==== Source records

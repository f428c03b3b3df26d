-- ===== src/Vault/Runs.antt =====
-- Runs of the operations of the vault of src/core/vault.ts, in any order.
use agent_working_memory.Base.{ℕ, Option, none, some, List, [], ◌∷◌, Text}
use agent_working_memory.Vault.{
  Crypto, Vault, seal, known_secrets, allow_prefix, disallow_prefix, record_use, forget,
}

pub data Op : Type 0 where
  seal_value : Text → Text → Text → Text → ℕ → Op
  ask_known : Op
  allow_use : Text → Text → Op
  disallow_use : Text → Text → Op
  use_once : ℕ → Text → Op
  drop_item : Text → Op

-- A call that throws leaves the vault as it is.
abbrev pub kept : Vault → Option Vault → Vault
kept v none = v
kept v (some w) = w

abbrev pub kept_first : Vault → Option (Vault × Text) → Vault
kept_first v none = v
kept_first v (some w) = w.0

module _ (crypto : Crypto) where
  unfoldable pub step : Op → Vault → Vault
  step (Op.seal_value value type label iv now) v =
      kept_first v (seal crypto value type label iv now v)
  step Op.ask_known v = (known_secrets crypto v).0
  step (Op.allow_use id p) v = kept v (allow_prefix id p v)
  step (Op.disallow_use id p) v = kept v (disallow_prefix id p v)
  step (Op.use_once now id) v = record_use now id v
  step (Op.drop_item id) v = (forget id v).0

  unfoldable pub run : List Op → Vault → Vault
  run [] v = v
  run (o ∷ os) v = run os (step o v)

========

Output only the lines from the one with "step (Op.allow_use id" through the last line of the entries above; please keep them exact.

  step (Op.allow_use id p) v = kept v (allow_prefix id p v)
  step (Op.disallow_use id p) v = kept v (disallow_prefix id p v)
  step (Op.use_once now id) v = record_use now id v
  step (Op.drop_item id) v = (forget id v).0

  unfoldable pub run : List Op → Vault → Vault
  run [] v = v
  run (o ∷ os) v = run os (step o v)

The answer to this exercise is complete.